To aggravate matters, after hours of begging, pleading, swearing and sweating, you’re told you’re only dilated about one centimeter. Nine more to go, sweet cheeks, but hold in there. You’ve never felt more desire to punch someone more than in this moment. Wait, did I say punch? I meant to say rip the beating heart out of the chest of an unsuspecting, innocent human being. You croak out, “Honey, could you come here a minute?”

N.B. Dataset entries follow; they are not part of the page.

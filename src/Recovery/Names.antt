-- ===== src/Recovery/Names.antt =====
-- The classes that `getInitialState` tries, packages/client/src/Recovery.ts, in their order.
use logion_api.Common.{
  ℕ, ◌+◌, ◌≡◌, refl, sym, ap, String, Bool, true, false, not, ◌&&◌, List, [], ◌∷◌, length, ◌==◌,
  ltb, Result, ok, >>=-eq-ok, ok-inj,
}
use logion_api.Recovery.{
  FetchAllResult, RecoverySharedState, ProtectionState, StateName, no_protection,
  pending_protection, accepted_protection, active_protection, pending_recovery, claimed_recovery,
  unavailable_protection, rejected_recovery, is_defined, enter, enter_with_two, first_match,
  choose_state, first_is_recovery,
}

-- The class of the state as a table of what is known.
abbrev pub names :
    (configured recovered first : Bool) (pendings accepteds rejecteds : ℕ) → List (Bool × StateName)
names configured recovered first pendings accepteds rejecteds =
    (not configured && not recovered && (pendings + accepteds + rejecteds == 0), no_protection)
    ∷ (configured && not recovered && (pendings + accepteds + rejecteds == 0), active_protection)
    ∷ (configured && recovered, claimed_recovery)
    ∷ (configured && not recovered && first, pending_recovery)
    ∷ (not configured && not recovered && (accepteds == 2), accepted_protection)
    ∷ (not configured && not recovered && (pendings == 2), pending_protection)
    ∷ (not configured && not recovered && (pendings == 1) && (accepteds == 1), pending_protection)
    ∷ (not configured && not recovered && ltb 0 rejecteds, rejected_recovery)
    ∷ (configured, unavailable_protection)
    ∷ []

pub record Named (name : StateName) (r : Result ProtectionState) : Type 0 where
  pub same_name : (s : ProtectionState) → r ≡ ok s → s.name ≡ name

AllNamed : List (Bool × StateName) → List (Bool × Result ProtectionState) → Type 0
AllNamed [] [] = Unit
AllNamed [] (c ∷ cases) = ⊥
AllNamed (n ∷ ns) [] = ⊥
AllNamed ((test, name) ∷ ns) ((test', result) ∷ cases) =
    (test ≡ test') × (Named name result × AllNamed ns cases)

first_match-Named :
    (ns : List (Bool × StateName)) (cases : List (Bool × Result ProtectionState)) (name : StateName)
    (last : Result ProtectionState)
    → AllNamed ns cases
    → Named name last
    → Named (first_match ns name) (first_match cases last)
unfolding first_match AllNamed
first_match-Named [] [] name last all h = h
first_match-Named [] (c ∷ cases) name last all h = absurd all
first_match-Named (n ∷ ns) [] name last all h = absurd all
first_match-Named ((true, n) ∷ ns) ((true, result) ∷ cases) name last (e, (first, all)) h = first
first_match-Named ((true, n) ∷ ns) ((false, result) ∷ cases) name last (e, (first, all)) h = cc
first_match-Named ((false, n) ∷ ns) ((true, result) ∷ cases) name last (e, (first, all)) h = cc
first_match-Named ((false, n) ∷ ns) ((false, result) ∷ cases) name last (e, (first, all)) h =
    first_match-Named ns cases name last all h

Named-enter :
    (name : StateName) (state : RecoverySharedState) (selected : List String)
    → Named name (ok (enter name state selected))
unfolding enter
Named-enter name state selected = record {
  same_name = λ s e. sym (ap (λ (t : ProtectionState). t.name) (ok-inj e));
}

Named-two :
    (name : StateName) (state : RecoverySharedState) (first second : Result String)
    → Named name (enter_with_two name state first second)
unfolding enter_with_two enter
Named-two name state first second = record {
  same_name = λ s e.
      let (officer1, known1, e') = >>=-eq-ok first _ e in
      let (officer2, known2, made) = >>=-eq-ok second _ e' in
      sym (ap (λ (t : ProtectionState). t.name) (ok-inj made));
}

unfoldable pub names_of : FetchAllResult → List (Bool × StateName)
names_of fetched =
    names (is_defined fetched.recovery_config) (is_defined fetched.recovered_address)
      (first_is_recovery fetched.accepted) (length fetched.pending) (length fetched.accepted)
      (length fetched.rejected)

pub choose_state-Named :
    (fetched : FetchAllResult) (state : RecoverySharedState)
    → Named (first_match (names_of fetched) unavailable_protection) (choose_state fetched state)
unfolding choose_state AllNamed names_of
choose_state-Named fetched state =
    first_match-Named _ _ _ _
      ((
        refl,
        (
          Named-enter _ _ _,
          (
            refl,
            (
              Named-enter _ _ _,
              (
                refl,
                (
                  Named-enter _ _ _,
                  (
                    refl,
                    (
                      Named-two _ _ _ _,
                      (
                        refl,
                        (
                          Named-two _ _ _ _,
                          (
                            refl,
                            (
                              Named-two _ _ _ _,
                              (
                                refl,
                                (
                                  Named-two _ _ _ _,
                                  (refl, (Named-two _ _ _ _, (refl, (Named-enter _ _ _, tt)))),
                                ),
                              ),
                            ),
                          ),
                        ),
                      ),
                    ),
                  ),
                ),
              ),
            ),
          ),
        ),
      ))
      (Named-enter _ _ _)
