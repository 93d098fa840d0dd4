-- ===== src/Recovery/Table.antt =====
-- The class of the state that `getInitialState` makes, packages/client/src/Recovery.ts, as a table.
use logion_api.Common.{
  ℕ, ◌+◌, ◌<◌, ◌≡◌, ◌≢◌, ◌↔◌, ◌⊎◌, sym, subst, Bool, true, false, length, ok, arith,
}
use logion_api.Recovery.Requests.{SharedState}
use logion_api.Recovery.{
  FetchAllResult, ProtectionState, StateName, no_protection, pending_protection,
  accepted_protection, active_protection, pending_recovery, claimed_recovery,
  unavailable_protection, rejected_recovery, is_defined, first_match, get_initial_state,
  first_is_recovery,
}
use logion_api.Recovery.Choice.{initial_state_chosen}
use logion_api.Recovery.Names.{names, names_of, choose_state-Named}

-- What decides the class.
pub record Facts : Type 0 where
  pub configured : Bool
  pub recovered : Bool
  pub pendings : ℕ
  pub accepteds : ℕ
  pub rejecteds : ℕ

abbrev pub facts_of : FetchAllResult → Facts
facts_of fetched = record {
  configured = is_defined fetched.recovery_config;
  recovered = is_defined fetched.recovered_address;
  pendings = length fetched.pending;
  accepteds = length fetched.accepted;
  rejecteds = length fetched.rejected;
}

-- when the account is in a state, by its class
unfoldable pub Rules : Facts → StateName → Type 0
Rules k no_protection =
    (k.configured ≡ false) × (k.recovered ≡ false) × (k.pendings + k.accepteds + k.rejecteds ≡ 0)
Rules k active_protection =
    (k.configured ≡ true) × (k.recovered ≡ false) × (k.pendings + k.accepteds + k.rejecteds ≡ 0)
Rules k claimed_recovery = (k.configured ≡ true) × (k.recovered ≡ true)
Rules k accepted_protection = (k.configured ≡ false) × (k.recovered ≡ false) × (k.accepteds ≡ 2)
Rules k pending_protection =
    (k.configured ≡ false)
    × (k.recovered ≡ false)
    × (k.accepteds ≢ 2)
    × ((k.pendings ≡ 2) ⊎ ((k.pendings ≡ 1) × (k.accepteds ≡ 1)))
Rules k rejected_recovery =
    (k.configured ≡ false)
    × (k.recovered ≡ false)
    × (k.accepteds ≢ 2)
    × (k.pendings ≢ 2)
    × (¬ ((k.pendings ≡ 1) × (k.accepteds ≡ 1)))
    × (0 < k.rejecteds)
Rules k pending_recovery = Unit
Rules k unavailable_protection = Unit

table_set_up :
    (c r f : Bool) (p a j : ℕ)
    → ((first_match (names c r f p a j) unavailable_protection ≡ no_protection)
        ↔ ((c ≡ false) × (r ≡ false) × (p + a + j ≡ 0)))
      × ((first_match (names c r f p a j) unavailable_protection ≡ active_protection)
          ↔ ((c ≡ true) × (r ≡ false) × (p + a + j ≡ 0)))
      × ((first_match (names c r f p a j) unavailable_protection ≡ claimed_recovery)
          ↔ ((c ≡ true) × (r ≡ true)))
unfolding first_match
table_set_up c r f p a j = ground arith

table_requests :
    (c r f : Bool) (p a j : ℕ)
    → ((first_match (names c r f p a j) unavailable_protection ≡ accepted_protection)
        ↔ ((c ≡ false) × (r ≡ false) × (a ≡ 2)))
      × ((first_match (names c r f p a j) unavailable_protection ≡ pending_protection)
          ↔ ((c ≡ false) × (r ≡ false) × (a ≢ 2) × ((p ≡ 2) ⊎ ((p ≡ 1) × (a ≡ 1)))))
      × ((first_match (names c r f p a j) unavailable_protection ≡ rejected_recovery)
          ↔ ((c ≡ false) × (r ≡ false) × (a ≢ 2) × (p ≢ 2) × (¬ ((p ≡ 1) × (a ≡ 1))) × (0 < j)))
unfolding first_match
table_requests c r f p a j = ground arith

-- the classes that the rules decide
unfoldable pub Decided : StateName → Type 0
Decided no_protection = Unit
Decided active_protection = Unit
Decided claimed_recovery = Unit
Decided accepted_protection = Unit
Decided pending_protection = Unit
Decided rejected_recovery = Unit
Decided pending_recovery = ⊥
Decided unavailable_protection = ⊥

table :
    (c r f : Bool) (p a j : ℕ) (name : StateName)
    → Decided name
    → (first_match (names c r f p a j) unavailable_protection ≡ name)
      ↔ Rules
          (record { configured = c; recovered = r; pendings = p; accepteds = a; rejecteds = j })
          name
unfolding Decided Rules
table c r f p a j no_protection d = (table_set_up c r f p a j).0
table c r f p a j active_protection d = (table_set_up c r f p a j).1
table c r f p a j claimed_recovery d = (table_set_up c r f p a j).2
table c r f p a j accepted_protection d = (table_requests c r f p a j).0
table c r f p a j pending_protection d = (table_requests c r f p a j).1
table c r f p a j rejected_recovery d = (table_requests c r f p a j).2
table c r f p a j pending_recovery d = absurd d
table c r f p a j unavailable_protection d = absurd d

-- The class of an initial state: without configuration and recovered address it is NoProtection if
-- there is no request, AcceptedProtection with two accepted ones, else PendingProtection with two
-- pending ones or one of each, else RejectedRecovery with a rejected one; with a configuration it is
-- ActiveProtection if there is no request and no recovered address, and ClaimedRecovery with a
-- recovered address.
pub get_initial_state-name :
    (fetched : FetchAllResult) (shared : SharedState) (s : ProtectionState) (name : StateName)
    → get_initial_state fetched shared ≡ ok s
    → Decided name
    → (s.name ≡ name) ↔ Rules (facts_of fetched) name
unfolding names_of
get_initial_state-name fetched shared s name h decided =
    let (state, chosen) = initial_state_chosen fetched shared s h in
    let same = (choose_state-Named fetched state).same_name s chosen in
    subst (λ (n : StateName). (n ≡ name) ↔ Rules (facts_of fetched) name) (sym same)
      (table (is_defined fetched.recovery_config) (is_defined fetched.recovered_address)
        (first_is_recovery fetched.accepted) (length fetched.pending) (length fetched.accepted)
        (length fetched.rejected) name decided)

Stage 3: BARGAINING. You start questioning the integrity of the measurements. They’re subjective, even lazy. They’ve gotta be. C’mon! How can two fingers put together know that you are barely one centimeter dilated? You demand a re-count. Those fingers are huge! They’ve gotta be five or six centimeter, at least. Get a damned protractor up there. A tape measure, something. The ripening pain in your abdomen makes you think that a fallopian tube just exploded. “I know I said I didn’t want drugs until the last possible minute. But yeah, I want ‘em. Gimme.”

Hopefully you are in better luck, unlike me. My midwife, she said I should wait until at least four centimeters. “WHAT DO YOU MEAN I CAN’T HAVE DRUGS YET?”

Demand a recount.

Stage 4: DEPRESSION. You’re not progressing as your delusional self thought it would happen. The pain keeps increasing, as if someone is reaching inside your abdomen through your vagina, trying to detach your uterus with rusty, jailhouse-sharpened spoons. Repeatedly. Every four minutes.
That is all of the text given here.